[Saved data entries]
= = =

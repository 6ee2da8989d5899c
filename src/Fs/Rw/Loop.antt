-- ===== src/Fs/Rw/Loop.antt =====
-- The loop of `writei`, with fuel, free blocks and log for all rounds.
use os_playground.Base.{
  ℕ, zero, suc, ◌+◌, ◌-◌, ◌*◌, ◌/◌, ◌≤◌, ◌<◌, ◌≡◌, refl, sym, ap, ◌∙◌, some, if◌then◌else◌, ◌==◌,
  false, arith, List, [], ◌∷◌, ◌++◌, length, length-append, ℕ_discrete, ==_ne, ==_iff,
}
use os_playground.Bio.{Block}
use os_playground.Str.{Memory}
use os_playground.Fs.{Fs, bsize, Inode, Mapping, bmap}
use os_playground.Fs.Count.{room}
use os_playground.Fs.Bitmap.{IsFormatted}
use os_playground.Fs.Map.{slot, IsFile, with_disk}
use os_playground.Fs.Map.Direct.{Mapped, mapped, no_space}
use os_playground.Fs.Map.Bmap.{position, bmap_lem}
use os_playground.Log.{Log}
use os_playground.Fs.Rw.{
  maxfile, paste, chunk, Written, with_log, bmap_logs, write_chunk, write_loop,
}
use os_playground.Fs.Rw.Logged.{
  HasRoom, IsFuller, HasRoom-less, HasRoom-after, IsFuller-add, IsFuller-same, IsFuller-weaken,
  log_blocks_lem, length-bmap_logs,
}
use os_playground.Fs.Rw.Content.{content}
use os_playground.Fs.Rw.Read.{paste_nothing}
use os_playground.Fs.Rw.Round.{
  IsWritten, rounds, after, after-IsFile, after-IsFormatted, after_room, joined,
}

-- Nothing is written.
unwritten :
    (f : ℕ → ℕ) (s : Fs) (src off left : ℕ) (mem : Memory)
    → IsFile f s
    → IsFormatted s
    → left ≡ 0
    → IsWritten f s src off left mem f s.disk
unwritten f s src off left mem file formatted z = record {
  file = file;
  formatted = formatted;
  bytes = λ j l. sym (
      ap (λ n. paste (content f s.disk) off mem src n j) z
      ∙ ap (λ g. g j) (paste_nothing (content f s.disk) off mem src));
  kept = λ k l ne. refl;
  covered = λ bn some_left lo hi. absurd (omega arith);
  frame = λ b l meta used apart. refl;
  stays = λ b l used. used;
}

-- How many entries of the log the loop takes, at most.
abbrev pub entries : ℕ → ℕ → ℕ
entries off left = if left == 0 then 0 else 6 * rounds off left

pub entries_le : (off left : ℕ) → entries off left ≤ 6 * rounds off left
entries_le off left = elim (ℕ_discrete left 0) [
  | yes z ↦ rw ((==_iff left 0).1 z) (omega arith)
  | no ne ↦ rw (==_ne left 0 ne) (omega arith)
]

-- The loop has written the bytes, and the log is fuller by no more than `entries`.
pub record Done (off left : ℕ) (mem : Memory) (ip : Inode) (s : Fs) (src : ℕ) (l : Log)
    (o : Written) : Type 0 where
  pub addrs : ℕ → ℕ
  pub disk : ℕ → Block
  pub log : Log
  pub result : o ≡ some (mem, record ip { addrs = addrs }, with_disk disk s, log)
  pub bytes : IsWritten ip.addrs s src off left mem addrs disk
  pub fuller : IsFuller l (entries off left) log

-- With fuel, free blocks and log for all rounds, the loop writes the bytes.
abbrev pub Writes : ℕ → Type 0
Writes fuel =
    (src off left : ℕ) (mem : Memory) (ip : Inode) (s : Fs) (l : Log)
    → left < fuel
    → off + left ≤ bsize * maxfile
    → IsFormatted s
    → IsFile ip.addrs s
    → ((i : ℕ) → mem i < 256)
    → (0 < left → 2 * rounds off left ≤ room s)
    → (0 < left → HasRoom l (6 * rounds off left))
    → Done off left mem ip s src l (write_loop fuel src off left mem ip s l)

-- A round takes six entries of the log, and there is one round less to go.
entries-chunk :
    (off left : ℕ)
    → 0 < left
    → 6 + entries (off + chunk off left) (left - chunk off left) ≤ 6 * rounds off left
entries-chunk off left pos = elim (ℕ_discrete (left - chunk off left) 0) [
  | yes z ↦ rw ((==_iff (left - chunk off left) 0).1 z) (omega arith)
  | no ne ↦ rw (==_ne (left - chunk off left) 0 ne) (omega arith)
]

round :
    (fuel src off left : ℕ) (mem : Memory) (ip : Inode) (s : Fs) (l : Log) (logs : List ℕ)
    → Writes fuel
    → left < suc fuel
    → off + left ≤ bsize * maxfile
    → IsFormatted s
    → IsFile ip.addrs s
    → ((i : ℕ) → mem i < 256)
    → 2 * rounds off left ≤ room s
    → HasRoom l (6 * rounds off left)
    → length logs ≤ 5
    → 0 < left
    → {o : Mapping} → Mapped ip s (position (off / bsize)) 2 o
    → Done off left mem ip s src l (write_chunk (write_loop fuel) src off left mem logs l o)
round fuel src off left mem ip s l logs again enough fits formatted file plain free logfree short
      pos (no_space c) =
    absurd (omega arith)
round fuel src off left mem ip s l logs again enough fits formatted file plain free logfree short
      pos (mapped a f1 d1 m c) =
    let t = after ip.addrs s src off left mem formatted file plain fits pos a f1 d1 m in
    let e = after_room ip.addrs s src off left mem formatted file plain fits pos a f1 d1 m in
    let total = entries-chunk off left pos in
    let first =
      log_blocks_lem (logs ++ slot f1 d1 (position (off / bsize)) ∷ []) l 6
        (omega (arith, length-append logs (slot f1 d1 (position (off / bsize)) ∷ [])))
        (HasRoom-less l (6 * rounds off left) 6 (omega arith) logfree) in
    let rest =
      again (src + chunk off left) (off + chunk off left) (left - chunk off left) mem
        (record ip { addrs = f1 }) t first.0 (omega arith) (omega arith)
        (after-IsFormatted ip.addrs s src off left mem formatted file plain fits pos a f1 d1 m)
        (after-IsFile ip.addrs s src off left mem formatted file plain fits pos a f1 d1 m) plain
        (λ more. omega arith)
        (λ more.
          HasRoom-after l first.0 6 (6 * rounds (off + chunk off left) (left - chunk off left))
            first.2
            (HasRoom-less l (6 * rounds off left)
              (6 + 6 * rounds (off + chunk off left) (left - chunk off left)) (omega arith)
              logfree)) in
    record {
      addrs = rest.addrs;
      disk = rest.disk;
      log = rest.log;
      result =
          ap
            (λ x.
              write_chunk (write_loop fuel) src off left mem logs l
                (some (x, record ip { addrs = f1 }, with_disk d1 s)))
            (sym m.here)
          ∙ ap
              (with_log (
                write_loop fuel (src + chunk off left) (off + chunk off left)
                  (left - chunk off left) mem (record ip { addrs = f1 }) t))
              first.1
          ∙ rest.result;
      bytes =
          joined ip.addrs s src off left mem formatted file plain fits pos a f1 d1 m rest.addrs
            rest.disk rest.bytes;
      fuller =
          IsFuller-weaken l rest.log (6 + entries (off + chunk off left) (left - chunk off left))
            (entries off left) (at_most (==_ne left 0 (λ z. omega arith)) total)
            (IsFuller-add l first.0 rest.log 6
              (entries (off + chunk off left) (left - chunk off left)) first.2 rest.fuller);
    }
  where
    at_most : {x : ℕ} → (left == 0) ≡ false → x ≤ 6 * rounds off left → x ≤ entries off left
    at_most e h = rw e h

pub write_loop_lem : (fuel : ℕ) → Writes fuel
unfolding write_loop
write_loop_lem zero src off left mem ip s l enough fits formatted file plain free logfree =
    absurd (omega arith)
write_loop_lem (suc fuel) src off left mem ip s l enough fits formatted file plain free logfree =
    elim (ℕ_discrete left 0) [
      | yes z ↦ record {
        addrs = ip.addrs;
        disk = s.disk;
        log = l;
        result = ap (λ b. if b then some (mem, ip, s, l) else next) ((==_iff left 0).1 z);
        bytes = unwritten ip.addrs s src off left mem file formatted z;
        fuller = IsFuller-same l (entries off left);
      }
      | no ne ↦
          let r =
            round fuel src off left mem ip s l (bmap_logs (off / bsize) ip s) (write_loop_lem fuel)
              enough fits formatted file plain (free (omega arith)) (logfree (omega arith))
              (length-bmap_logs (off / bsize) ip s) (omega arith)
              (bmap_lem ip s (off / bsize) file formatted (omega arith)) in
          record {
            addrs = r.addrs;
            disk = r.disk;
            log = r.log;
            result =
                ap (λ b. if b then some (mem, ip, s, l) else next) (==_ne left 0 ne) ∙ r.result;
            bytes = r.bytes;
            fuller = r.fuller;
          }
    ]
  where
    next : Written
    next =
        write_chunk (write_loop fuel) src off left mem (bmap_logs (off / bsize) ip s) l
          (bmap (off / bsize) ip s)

= = =

Nothing but the lines from the one containing "(length-bmap_logs (off /" to the end of the records above should appear, each copied exactly.

              (length-bmap_logs (off / bsize) ip s) (omega arith)
              (bmap_lem ip s (off / bsize) file formatted (omega arith)) in
          record {
            addrs = r.addrs;
            disk = r.disk;
            log = r.log;
            result =
                ap (λ b. if b then some (mem, ip, s, l) else next) (==_ne left 0 ne) ∙ r.result;
            bytes = r.bytes;
            fuller = r.fuller;
          }
    ]
  where
    next : Written
    next =
        write_chunk (write_loop fuel) src off left mem (bmap_logs (off / bsize) ip s) l
          (bmap (off / bsize) ip s)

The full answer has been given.